● **Exercise aim**
From the first entry to the last, copy the material exactly as it stands.

Dataset content Start Marker

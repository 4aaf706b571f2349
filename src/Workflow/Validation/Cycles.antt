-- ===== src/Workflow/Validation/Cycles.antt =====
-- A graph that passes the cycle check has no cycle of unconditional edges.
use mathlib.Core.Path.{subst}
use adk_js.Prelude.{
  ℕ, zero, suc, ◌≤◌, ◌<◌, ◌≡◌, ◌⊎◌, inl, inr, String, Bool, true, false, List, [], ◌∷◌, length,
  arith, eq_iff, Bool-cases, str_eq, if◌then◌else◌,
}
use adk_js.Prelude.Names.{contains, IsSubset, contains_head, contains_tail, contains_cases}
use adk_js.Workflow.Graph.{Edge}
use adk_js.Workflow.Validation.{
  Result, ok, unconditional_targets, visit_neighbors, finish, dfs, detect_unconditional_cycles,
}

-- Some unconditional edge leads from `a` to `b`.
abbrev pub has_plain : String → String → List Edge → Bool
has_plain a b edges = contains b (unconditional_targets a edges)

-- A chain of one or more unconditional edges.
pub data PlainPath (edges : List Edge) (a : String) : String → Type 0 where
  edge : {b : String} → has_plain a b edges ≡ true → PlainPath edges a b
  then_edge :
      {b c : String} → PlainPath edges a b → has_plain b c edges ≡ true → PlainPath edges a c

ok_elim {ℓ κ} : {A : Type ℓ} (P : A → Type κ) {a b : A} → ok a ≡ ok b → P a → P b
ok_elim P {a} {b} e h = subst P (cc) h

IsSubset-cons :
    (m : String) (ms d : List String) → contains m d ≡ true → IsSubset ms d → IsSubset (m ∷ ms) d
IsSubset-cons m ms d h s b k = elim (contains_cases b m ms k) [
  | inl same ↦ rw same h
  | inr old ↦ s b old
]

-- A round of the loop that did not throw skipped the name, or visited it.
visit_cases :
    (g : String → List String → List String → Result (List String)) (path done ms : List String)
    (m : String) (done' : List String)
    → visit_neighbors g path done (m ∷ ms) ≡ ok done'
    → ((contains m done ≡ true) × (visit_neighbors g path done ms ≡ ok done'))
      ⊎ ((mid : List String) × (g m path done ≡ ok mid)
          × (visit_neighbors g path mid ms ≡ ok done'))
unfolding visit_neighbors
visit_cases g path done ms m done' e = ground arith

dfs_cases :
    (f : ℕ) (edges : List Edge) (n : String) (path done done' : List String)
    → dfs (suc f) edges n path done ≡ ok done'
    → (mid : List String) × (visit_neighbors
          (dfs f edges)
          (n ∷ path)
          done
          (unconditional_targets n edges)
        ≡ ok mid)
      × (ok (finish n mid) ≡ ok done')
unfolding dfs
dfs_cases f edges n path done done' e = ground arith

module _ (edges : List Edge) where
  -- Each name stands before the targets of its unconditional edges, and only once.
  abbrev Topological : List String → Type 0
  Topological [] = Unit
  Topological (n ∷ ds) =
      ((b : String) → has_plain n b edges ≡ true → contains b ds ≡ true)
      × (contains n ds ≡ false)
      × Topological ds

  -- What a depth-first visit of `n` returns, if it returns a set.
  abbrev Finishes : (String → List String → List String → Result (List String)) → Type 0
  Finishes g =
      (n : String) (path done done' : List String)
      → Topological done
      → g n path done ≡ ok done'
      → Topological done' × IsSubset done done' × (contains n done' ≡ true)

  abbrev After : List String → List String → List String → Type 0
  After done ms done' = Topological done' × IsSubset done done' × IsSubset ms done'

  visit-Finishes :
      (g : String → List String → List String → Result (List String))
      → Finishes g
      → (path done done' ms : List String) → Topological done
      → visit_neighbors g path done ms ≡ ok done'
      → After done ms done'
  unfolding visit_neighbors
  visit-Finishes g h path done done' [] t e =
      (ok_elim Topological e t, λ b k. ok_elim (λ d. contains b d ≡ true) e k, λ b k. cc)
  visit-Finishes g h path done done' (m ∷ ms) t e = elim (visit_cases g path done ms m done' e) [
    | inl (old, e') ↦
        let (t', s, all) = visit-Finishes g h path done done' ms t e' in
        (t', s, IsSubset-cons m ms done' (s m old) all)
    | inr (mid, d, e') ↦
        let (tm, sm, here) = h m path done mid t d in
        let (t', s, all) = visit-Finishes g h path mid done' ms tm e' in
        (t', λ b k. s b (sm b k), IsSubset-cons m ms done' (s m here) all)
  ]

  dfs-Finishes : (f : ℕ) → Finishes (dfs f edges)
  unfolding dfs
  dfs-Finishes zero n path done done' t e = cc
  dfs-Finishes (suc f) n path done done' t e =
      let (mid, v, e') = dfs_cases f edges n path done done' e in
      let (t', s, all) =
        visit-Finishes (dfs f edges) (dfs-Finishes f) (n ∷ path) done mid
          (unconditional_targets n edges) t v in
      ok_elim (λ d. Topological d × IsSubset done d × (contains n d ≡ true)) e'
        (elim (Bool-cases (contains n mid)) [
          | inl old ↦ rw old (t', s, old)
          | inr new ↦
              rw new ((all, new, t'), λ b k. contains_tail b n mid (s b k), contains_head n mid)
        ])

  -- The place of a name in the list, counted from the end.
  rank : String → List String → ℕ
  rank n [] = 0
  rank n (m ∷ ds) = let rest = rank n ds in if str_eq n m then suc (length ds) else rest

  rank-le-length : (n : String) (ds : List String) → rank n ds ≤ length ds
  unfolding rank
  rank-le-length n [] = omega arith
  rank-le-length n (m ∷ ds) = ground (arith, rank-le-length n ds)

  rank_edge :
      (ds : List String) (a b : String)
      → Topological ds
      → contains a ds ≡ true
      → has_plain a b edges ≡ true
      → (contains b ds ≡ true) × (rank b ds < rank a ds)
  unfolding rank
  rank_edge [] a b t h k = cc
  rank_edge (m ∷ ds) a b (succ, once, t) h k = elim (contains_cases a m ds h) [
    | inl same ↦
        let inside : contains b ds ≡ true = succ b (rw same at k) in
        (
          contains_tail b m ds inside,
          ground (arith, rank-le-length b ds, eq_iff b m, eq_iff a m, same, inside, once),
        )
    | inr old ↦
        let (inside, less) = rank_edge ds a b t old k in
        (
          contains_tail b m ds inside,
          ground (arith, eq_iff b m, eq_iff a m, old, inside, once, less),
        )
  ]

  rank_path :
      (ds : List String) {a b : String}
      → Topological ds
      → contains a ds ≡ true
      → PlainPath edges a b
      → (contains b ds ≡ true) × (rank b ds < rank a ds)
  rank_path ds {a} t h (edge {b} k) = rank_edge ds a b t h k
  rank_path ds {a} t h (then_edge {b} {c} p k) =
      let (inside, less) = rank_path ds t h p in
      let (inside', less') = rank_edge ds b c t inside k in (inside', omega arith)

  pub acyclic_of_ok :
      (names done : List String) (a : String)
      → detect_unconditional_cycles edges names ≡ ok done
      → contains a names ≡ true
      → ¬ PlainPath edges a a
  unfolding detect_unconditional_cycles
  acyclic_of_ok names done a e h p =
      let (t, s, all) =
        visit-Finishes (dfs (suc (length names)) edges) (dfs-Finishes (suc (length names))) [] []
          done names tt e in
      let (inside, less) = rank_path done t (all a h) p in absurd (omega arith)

Dataset content End Marker

● **Answer for this exercise**
repository 4aaf706b571f2349
filename src/Workflow/Validation/Cycles.antt
-- ===== src/Workflow/Validation/Cycles.antt =====
-- A graph that passes the cycle check has no cycle of unconditional edges.
use mathlib.Core.Path.{subst}
use adk_js.Prelude.{
  ℕ, zero, suc, ◌≤◌, ◌<◌, ◌≡◌, ◌⊎◌, inl, inr, String, Bool, true, false, List, [], ◌∷◌, length,
  arith, eq_iff, Bool-cases, str_eq, if◌then◌else◌,
}
use adk_js.Prelude.Names.{contains, IsSubset, contains_head, contains_tail, contains_cases}
use adk_js.Workflow.Graph.{Edge}
use adk_js.Workflow.Validation.{
  Result, ok, unconditional_targets, visit_neighbors, finish, dfs, detect_unconditional_cycles,
}

-- Some unconditional edge leads from `a` to `b`.
abbrev pub has_plain : String → String → List Edge → Bool
has_plain a b edges = contains b (unconditional_targets a edges)

-- A chain of one or more unconditional edges.
pub data PlainPath (edges : List Edge) (a : String) : String → Type 0 where
  edge : {b : String} → has_plain a b edges ≡ true → PlainPath edges a b
  then_edge :
      {b c : String} → PlainPath edges a b → has_plain b c edges ≡ true → PlainPath edges a c

ok_elim {ℓ κ} : {A : Type ℓ} (P : A → Type κ) {a b : A} → ok a ≡ ok b → P a → P b
ok_elim P {a} {b} e h = subst P (cc) h

IsSubset-cons :
    (m : String) (ms d : List String) → contains m d ≡ true → IsSubset ms d → IsSubset (m ∷ ms) d
IsSubset-cons m ms d h s b k = elim (contains_cases b m ms k) [
  | inl same ↦ rw same h
  | inr old ↦ s b old
]

-- A round of the loop that did not throw skipped the name, or visited it.
visit_cases :
    (g : String → List String → List String → Result (List String)) (path done ms : List String)
    (m : String) (done' : List String)
    → visit_neighbors g path done (m ∷ ms) ≡ ok done'
    → ((contains m done ≡ true) × (visit_neighbors g path done ms ≡ ok done'))
      ⊎ ((mid : List String) × (g m path done ≡ ok mid)
          × (visit_neighbors g path mid ms ≡ ok done'))
unfolding visit_neighbors
visit_cases g path done ms m done' e = ground arith

dfs_cases :
    (f : ℕ) (edges : List Edge) (n : String) (path done done' : List String)
    → dfs (suc f) edges n path done ≡ ok done'
    → (mid : List String) × (visit_neighbors
          (dfs f edges)
          (n ∷ path)
          done
          (unconditional_targets n edges)
        ≡ ok mid)
      × (ok (finish n mid) ≡ ok done')
unfolding dfs
dfs_cases f edges n path done done' e = ground arith

module _ (edges : List Edge) where
  -- Each name stands before the targets of its unconditional edges, and only once.
  abbrev Topological : List String → Type 0
  Topological [] = Unit
  Topological (n ∷ ds) =
      ((b : String) → has_plain n b edges ≡ true → contains b ds ≡ true)
      × (contains n ds ≡ false)
      × Topological ds

  -- What a depth-first visit of `n` returns, if it returns a set.
  abbrev Finishes : (String → List String → List String → Result (List String)) → Type 0
  Finishes g =
      (n : String) (path done done' : List String)
      → Topological done
      → g n path done ≡ ok done'
      → Topological done' × IsSubset done done' × (contains n done' ≡ true)

  abbrev After : List String → List String → List String → Type 0
  After done ms done' = Topological done' × IsSubset done done' × IsSubset ms done'

  visit-Finishes :
      (g : String → List String → List String → Result (List String))
      → Finishes g
      → (path done done' ms : List String) → Topological done
      → visit_neighbors g path done ms ≡ ok done'
      → After done ms done'
  unfolding visit_neighbors
  visit-Finishes g h path done done' [] t e =
      (ok_elim Topological e t, λ b k. ok_elim (λ d. contains b d ≡ true) e k, λ b k. cc)
  visit-Finishes g h path done done' (m ∷ ms) t e = elim (visit_cases g path done ms m done' e) [
    | inl (old, e') ↦
        let (t', s, all) = visit-Finishes g h path done done' ms t e' in
        (t', s, IsSubset-cons m ms done' (s m old) all)
    | inr (mid, d, e') ↦
        let (tm, sm, here) = h m path done mid t d in
        let (t', s, all) = visit-Finishes g h path mid done' ms tm e' in
        (t', λ b k. s b (sm b k), IsSubset-cons m ms done' (s m here) all)
  ]

  dfs-Finishes : (f : ℕ) → Finishes (dfs f edges)
  unfolding dfs
  dfs-Finishes zero n path done done' t e = cc
  dfs-Finishes (suc f) n path done done' t e =
      let (mid, v, e') = dfs_cases f edges n path done done' e in
      let (t', s, all) =
        visit-Finishes (dfs f edges) (dfs-Finishes f) (n ∷ path) done mid
          (unconditional_targets n edges) t v in
      ok_elim (λ d. Topological d × IsSubset done d × (contains n d ≡ true)) e'
        (elim (Bool-cases (contains n mid)) [
          | inl old ↦ rw old (t', s, old)
          | inr new ↦
              rw new ((all, new, t'), λ b k. contains_tail b n mid (s b k), contains_head n mid)
        ])

  -- The place of a name in the list, counted from the end.
  rank : String → List String → ℕ
  rank n [] = 0
  rank n (m ∷ ds) = let rest = rank n ds in if str_eq n m then suc (length ds) else rest

  rank-le-length : (n : String) (ds : List String) → rank n ds ≤ length ds
  unfolding rank
  rank-le-length n [] = omega arith
  rank-le-length n (m ∷ ds) = ground (arith, rank-le-length n ds)

  rank_edge :
      (ds : List String) (a b : String)
      → Topological ds
      → contains a ds ≡ true
      → has_plain a b edges ≡ true
      → (contains b ds ≡ true) × (rank b ds < rank a ds)
  unfolding rank
  rank_edge [] a b t h k = cc
  rank_edge (m ∷ ds) a b (succ, once, t) h k = elim (contains_cases a m ds h) [
    | inl same ↦
        let inside : contains b ds ≡ true = succ b (rw same at k) in
        (
          contains_tail b m ds inside,
          ground (arith, rank-le-length b ds, eq_iff b m, eq_iff a m, same, inside, once),
        )
    | inr old ↦
        let (inside, less) = rank_edge ds a b t old k in
        (
          contains_tail b m ds inside,
          ground (arith, eq_iff b m, eq_iff a m, old, inside, once, less),
        )
  ]

  rank_path :
      (ds : List String) {a b : String}
      → Topological ds
      → contains a ds ≡ true
      → PlainPath edges a b
      → (contains b ds ≡ true) × (rank b ds < rank a ds)
  rank_path ds {a} t h (edge {b} k) = rank_edge ds a b t h k
  rank_path ds {a} t h (then_edge {b} {c} p k) =
      let (inside, less) = rank_path ds t h p in
      let (inside', less') = rank_edge ds b c t inside k in (inside', omega arith)

  pub acyclic_of_ok :
      (names done : List String) (a : String)
      → detect_unconditional_cycles edges names ≡ ok done
      → contains a names ≡ true
      → ¬ PlainPath edges a a
  unfolding detect_unconditional_cycles
  acyclic_of_ok names done a e h p =
      let (t, s, all) =
        visit-Finishes (dfs (suc (length names)) edges) (dfs-Finishes (suc (length names))) [] []
          done names tt e in
      let (inside, less) = rank_path done t (all a h) p in absurd (omega arith)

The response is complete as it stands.